# Quilting Frame



## ACP (Jan 24, 2009)

My wife comes from a long line of quilters and she wanted a quilting frame for hand stitching her quilts. These things are not cheap when store bought. Her moms was about $300.00. I found a design online for making one through Moritz Designs and gave it a go. I used a couple of different woods because I was trying to use what I had on hand. It's mostly oak. The wooden gears were fun to make. They are hard maple I think, they were from reclaimed flooring. I also used what hardware I had available. I wanted to see how difficult it would be to make this project, and now that I see how easy it was I may have to make a "final" copy. It is about 98" long and will accept a full size quilt if I remember correctly. The photo shows it without the trigger cloth on it. The wife will add that when I bring it inside. You pin the quilt to the trigger cloth and rotate the three bars so the gears lock tightening the quilt out for stitching. It also will tighten lengthwise in a similar fashion and will tilt vertical to horizontal.
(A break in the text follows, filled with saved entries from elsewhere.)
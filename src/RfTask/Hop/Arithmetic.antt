-- ===== src/RfTask/Hop/Arithmetic.antt =====
-- The arithmetic of firmware/src/rf_task.c on the RTC32K counter.
use open_controller.Prelude.{ℕ, ◌+◌, ◌-◌, ◌%◌, ◌^◌, ◌≤◌, ◌<◌, ◌≡◌, ◌∙◌, arith}
use open_controller.RfTask.Hop.{
  rtc_wrap, backstep_tolerance, rtc_delta, rtc_backdate, rtc_add, turn_down,
}

-- A sum that fits in 32 bits is taken modulo the counter's turn.
pub rtc_add_lem : (t k : ℕ) → t + k < 2 ^ 32 → rtc_add t k ≡ (t + k) % rtc_wrap
unfolding rtc_add turn_down
rtc_add_lem t k h = ground arith

-- Time that is told by a counter: what is added to it is measured again and taken off again, as
-- long as it is further than the tolerance from a whole turn.
pub rtc_add-inverse :
    (t k : ℕ)
    → t < rtc_wrap
    → t + k < 2 ^ 32
    → k + backstep_tolerance < rtc_wrap
    → (rtc_delta (rtc_add t k) t ≡ k)
      × (rtc_backdate (rtc_add t k) k ≡ t)
      × (rtc_add t k < rtc_wrap)
unfolding rtc_delta rtc_backdate
rtc_add-inverse t k h l m = let e = rtc_add_lem t k l in (ground arith, ground arith, ground arith)

-- On true time, which never turns.
pub rtc_delta-true :
    (before now : ℕ)
    → before ≤ now
    → now + backstep_tolerance < before + rtc_wrap
    → rtc_delta (now % rtc_wrap) (before % rtc_wrap) ≡ now - before
unfolding rtc_delta
rtc_delta-true before now h k = ground arith

pub rtc_add-true : (t k : ℕ) → k < 2 ^ 30 → rtc_add (t % rtc_wrap) k ≡ (t + k) % rtc_wrap
rtc_add-true t k h = rtc_add_lem (t % rtc_wrap) k (omega arith) ∙ omega arith

pub rtc_backdate-true : (t : ℕ) → 1 ≤ t → rtc_backdate (t % rtc_wrap) 1 ≡ (t - 1) % rtc_wrap
unfolding rtc_backdate
rtc_backdate-true t h = ground arith
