-- ===== src/RfTask/Hop/Servo.antt =====
-- The servo of firmware/src/rf_task.c pulls the hop's anchor to the polls.
use open_controller.Prelude.{
  ℕ, zero, suc, ◌+◌, ◌-◌, ◌*◌, ◌/◌, ◌^◌, ◌≤◌, ◌<◌, ◌%◌, ◌≡◌, refl, ap, ◌∙◌, Bool, true, false, ◌&&◌,
  List, [], ◌∷◌, length, ltb, u32, if◌then◌else◌, arith,
}
use native.Mathlib.Nat.{div-add-mod', mod-lt}
use open_controller.RfTask.Hop.{
  Hop, hop_interval, hop_tick, tick_after, hop_by, rtc_delta, rtc_add, max_step, desync_intervals,
  rtc_wrap, servo_deadband, rtc_backdate, Error, ahead, behind, rtc_signed_delta, corrected,
  hop_servo,
}
use open_controller.RfTask.Hop.Arithmetic.{rtc_add_lem}

-- The size of a phase error, the shorter way round the counter.
unfoldable pub magnitude : Error → ℕ
magnitude (ahead e) = e
magnitude (behind e) = e

abbrev pub phase_error : ℕ → ℕ → ℕ
phase_error ref anchor = magnitude (rtc_signed_delta ref anchor)

-- A correction takes one tick off an error outside the deadband, and leaves one inside alone.
pub hop_servo-closer :
    (ref anchor : ℕ)
    → ref < rtc_wrap
    → anchor < rtc_wrap
    → (hop_servo anchor ref < rtc_wrap)
      × (phase_error ref (hop_servo anchor ref) ≡ (
          if ltb servo_deadband (phase_error ref anchor)
          then phase_error ref anchor - 1
          else phase_error ref anchor))
unfolding hop_servo corrected magnitude rtc_signed_delta rtc_backdate
hop_servo-closer ref anchor h k =
    let e = rtc_add_lem anchor 1 (omega arith) in (ground arith, ground arith)

-- Both carried on by as many ticks, the error stays.
phase_error-shift :
    (ref anchor k : ℕ)
    → ref < rtc_wrap
    → anchor < rtc_wrap
    → k < 2 ^ 30
    → phase_error (rtc_add ref k) (rtc_add anchor k) ≡ phase_error ref anchor
unfolding magnitude rtc_signed_delta
phase_error-shift ref anchor k h l m =
    let e = rtc_add_lem ref k (omega arith) in
    let f = rtc_add_lem anchor k (omega arith) in ground (arith, e, f)

-- A slot of a dongle that polls in each: `RF_ConnectedTick` at a reading of the clock, and the poll, in
-- which the radio's callback runs the servo on the poll's reference and clears `since_rx`.
unfoldable pub slot : Hop → ℕ → ℕ → Hop
slot h now ref =
    let hopped = (hop_tick h now).0 in
    record hopped { anchor = hop_servo hopped.anchor ref; since_rx = 0 }

-- The slots with these readings of the clock; the poll's reference goes on by the interval.
unfoldable pub slots : Hop → ℕ → List ℕ → Hop × ℕ
slots h ref [] = (h, ref)
slots h ref (now ∷ nows) =
    let next = rtc_add ref (hop_interval h) in slots (slot h now next) next nows

-- Each reading comes in the slot's time: more than an interval past the anchor, and less than two.
unfoldable pub is_due : Hop → ℕ → Bool
is_due h now =
    ltb (hop_interval h) (rtc_delta now h.anchor)
    && ltb (rtc_delta now h.anchor) (2 * hop_interval h)

unfoldable pub AreDue : Hop → ℕ → List ℕ → Type 0
AreDue h ref [] = record {}
AreDue h ref (now ∷ nows) =
    let next = rtc_add ref (hop_interval h) in
    (is_due h now ≡ true) × AreDue (slot h now next) next nows

-- A link that follows its dongle's polls, at an interval of 16 bits.
pub record IsFollowing (h : Hop) (ref : ℕ) : Type 0 where
  pub caught : h.provisional ≡ false
  pub polled : h.since_rx ≡ 0
  pub cadence : h.conn_interval < 2 ^ 16
  pub anchor_lt : h.anchor < rtc_wrap
  pub ref_lt : ref < rtc_wrap

rtc_add-lt : (t k : ℕ) → t < rtc_wrap → k < 2 ^ 30 → rtc_add t k < rtc_wrap
rtc_add-lt t k h l = let e = rtc_add_lem t k (omega arith) in omega (arith, e)

one_quotient : (q i r e : ℕ) → q * i + r ≡ e → r < i → i < e → e < 2 * i → q ≡ 1
one_quotient zero i r e d l h k = absurd (omega arith)
one_quotient (suc zero) i r e d l h k = refl
one_quotient (suc (suc q)) i r e d l h k =
    let p : suc (suc q) * i ≡ 2 * i + q * i = omega arith in absurd (omega (arith, p))

-- Between one interval and two, the division gives one.
one_step : (e i : ℕ) → i < e → e < 2 * i → (if ltb max_step (e / i) then max_step else e / i) ≡ 1
one_step e i h l =
    let p : 0 < i = omega arith in
    let d = div-add-mod' e i in
    let r = mod-lt e p in
    let q : e / i ≡ 1 = one_quotient (e / i) i (e % i) e d r h l in ground (arith, q)

-- The tick takes the hop by one interval.
tick_lem :
    (h : Hop) (now interval elapsed : ℕ)
    → h.since_rx ≡ 0
    → interval < 2 ^ 16
    → interval < elapsed
    → elapsed < 2 * interval
    → (tick_after h now false interval elapsed).0 ≡ hop_by h interval 1
unfolding tick_after
tick_lem h now i e k lt l g =
    let one = one_step e i l g in
    let turn : u32 (i * desync_intervals) ≡ i * desync_intervals = omega arith in
    ground (arith, one, turn)

hop_tick_lem :
    (h : Hop) (now ref : ℕ)
    → IsFollowing h ref
    → is_due h now ≡ true
    → (hop_interval h < 2 ^ 16)
      × ((hop_tick h now).0.anchor ≡ rtc_add h.anchor (hop_interval h))
      × ((hop_tick h now).0.provisional ≡ false)
      × ((hop_tick h now).0.conn_interval ≡ h.conn_interval)
unfolding hop_tick hop_by is_due
hop_tick_lem h now ref f d =
    let i = hop_interval h in
    let cadence = f.cadence in
    let small : i < 2 ^ 16 = ground arith in
    let polled = f.polled in
    let same : (tick_after h now h.provisional i (rtc_delta now h.anchor)).0 ≡ hop_by h i 1 =
      ap (λ p. (tick_after h now p i (rtc_delta now h.anchor)).0) f.caught
      ∙ tick_lem h now i (rtc_delta now h.anchor) polled small (ground arith) (ground arith) in
    let whole : u32 (i * 1) ≡ i = omega (arith, small) in
    (
      small,
      ap (λ (h' : Hop). h'.anchor) same ∙ ground (arith, polled, whole),
      ap (λ (h' : Hop). h'.provisional) same ∙ f.caught,
      ap (λ (h' : Hop). h'.conn_interval) same,
    )

-- What a slot leaves: the link still follows, and the error is a tick less outside the deadband.
record Corrected (h h' : Hop) (ref next : ℕ) : Type 0 where
  follows : IsFollowing h' next
  closer : phase_error next h'.anchor ≡ (
      if ltb servo_deadband (phase_error ref h.anchor)
      then phase_error ref h.anchor - 1
      else phase_error ref h.anchor)

slot-Corrected :
    (h : Hop) (now ref : ℕ)
    → IsFollowing h ref
    → is_due h now ≡ true
    → Corrected h (slot h now (rtc_add ref (hop_interval h))) ref (rtc_add ref (hop_interval h))
unfolding slot
slot-Corrected h now ref f d =
    let i = hop_interval h in
    let (small, anchor, caught, cadence) = hop_tick_lem h now ref f d in
    let next = rtc_add ref i in
    let next_lt = rtc_add-lt ref i f.ref_lt (omega (arith, small)) in
    let moved_lt = rtc_add-lt h.anchor i f.anchor_lt (omega (arith, small)) in
    let (in_range, closer) = hop_servo-closer next (rtc_add h.anchor i) next_lt moved_lt in
    let shift = phase_error-shift ref h.anchor i f.ref_lt f.anchor_lt (omega (arith, small)) in
    record {
      follows = record {
        caught = caught;
        polled = refl;
        cadence = coe 1 0 (j. cadence j < 2 ^ 16) f.cadence;
        anchor_lt = coe 1 0 (j. hop_servo (anchor j) next < rtc_wrap) in_range;
        ref_lt = next_lt;
      };
      closer =
          ap (λ a. phase_error next (hop_servo a next)) anchor
          ∙ closer
          ∙ ap (λ e. if ltb servo_deadband e then e - 1 else e) shift;
    }

-- A link behind its catch, that its dongle polls in each slot from the last one on, at an interval of
-- less than 2 ^ 16 ticks and with the clock read once in each slot's time: as many
-- slots as the phase error has ticks bring it within the deadband, from either side and across the
-- counter's turn, and further ones leave it there. The polls' references come at exactly the interval.
pub servo_locks :
    (h : Hop) (ref : ℕ) (nows : List ℕ)
    → IsFollowing h ref
    → AreDue h ref nows
    → phase_error ref h.anchor ≤ length nows + servo_deadband
    → phase_error (slots h ref nows).1 (slots h ref nows).0.anchor ≤ servo_deadband
unfolding slots AreDue
servo_locks h ref [] f d l = omega arith
servo_locks h ref (now ∷ nows) f (d, ds) l =
    let c = slot-Corrected h now ref f d in
    let closer = c.closer in
    let next = rtc_add ref (hop_interval h) in
    servo_locks (slot h now next) next nows c.follows ds (ground (arith, closer))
Thanks for looking.


----------



## phinds (Mar 25, 2009)

Wow, very nice job.

I am NOT going to show these pics to my wife ... it would give her ideas.:no:

Paul


----------



## kjhart0133 (Feb 4, 2009)

My wife would love something like that. ACP, can you point me to where you got the plans on-line.

Thanks!

Kevin H.


----------



## Kenbo (Sep 16, 2008)

That's a super project. You got to use up some wood from your shop, you got to try something new (gears) and you made Mrs. ACP happy. Sounds like you got some major brownie points on this one. Very nice job. It looks great. You'll have to let us know how it works and if Mrs ACP is happy with its overall function as opposed to having a store bought one.
Ken


----------



## Streamwinner (Nov 25, 2008)

Great project. Nice that it will be useful in addition to beautiful.


----------



## ACP (Jan 24, 2009)

Thanks for the kind words folks. Kevin, the site is http://www.moritzdesigns.com/. They are kind of in the dark ages as they only mail out the plans but they were high quality. Not just printed on copier paper but on some wax like paper that's thick and made to last. We moved the stand into place and discovered two things. The first is it wouldn't fit in her quilting room. So I'll have to disassemble it and reassemble it to get it in. No biggy because it's made to be broken down. The second is, and if anyone makes this they should consult with the quilter to be, the overall height is not conducive to sitting and hand stitching unless the quilt is mounted and the arms parallel to the floor. I may end up remaking the legs on it and increasing the overall height. I'll let you know how it functions when the wife gets a quilt mounted and gives it a whirl. I still need to add the lamps to it also. The half "u"'s on the side are made to hold those extendable arm lamps. Again, thanks for the kind words. 
-Adam


----------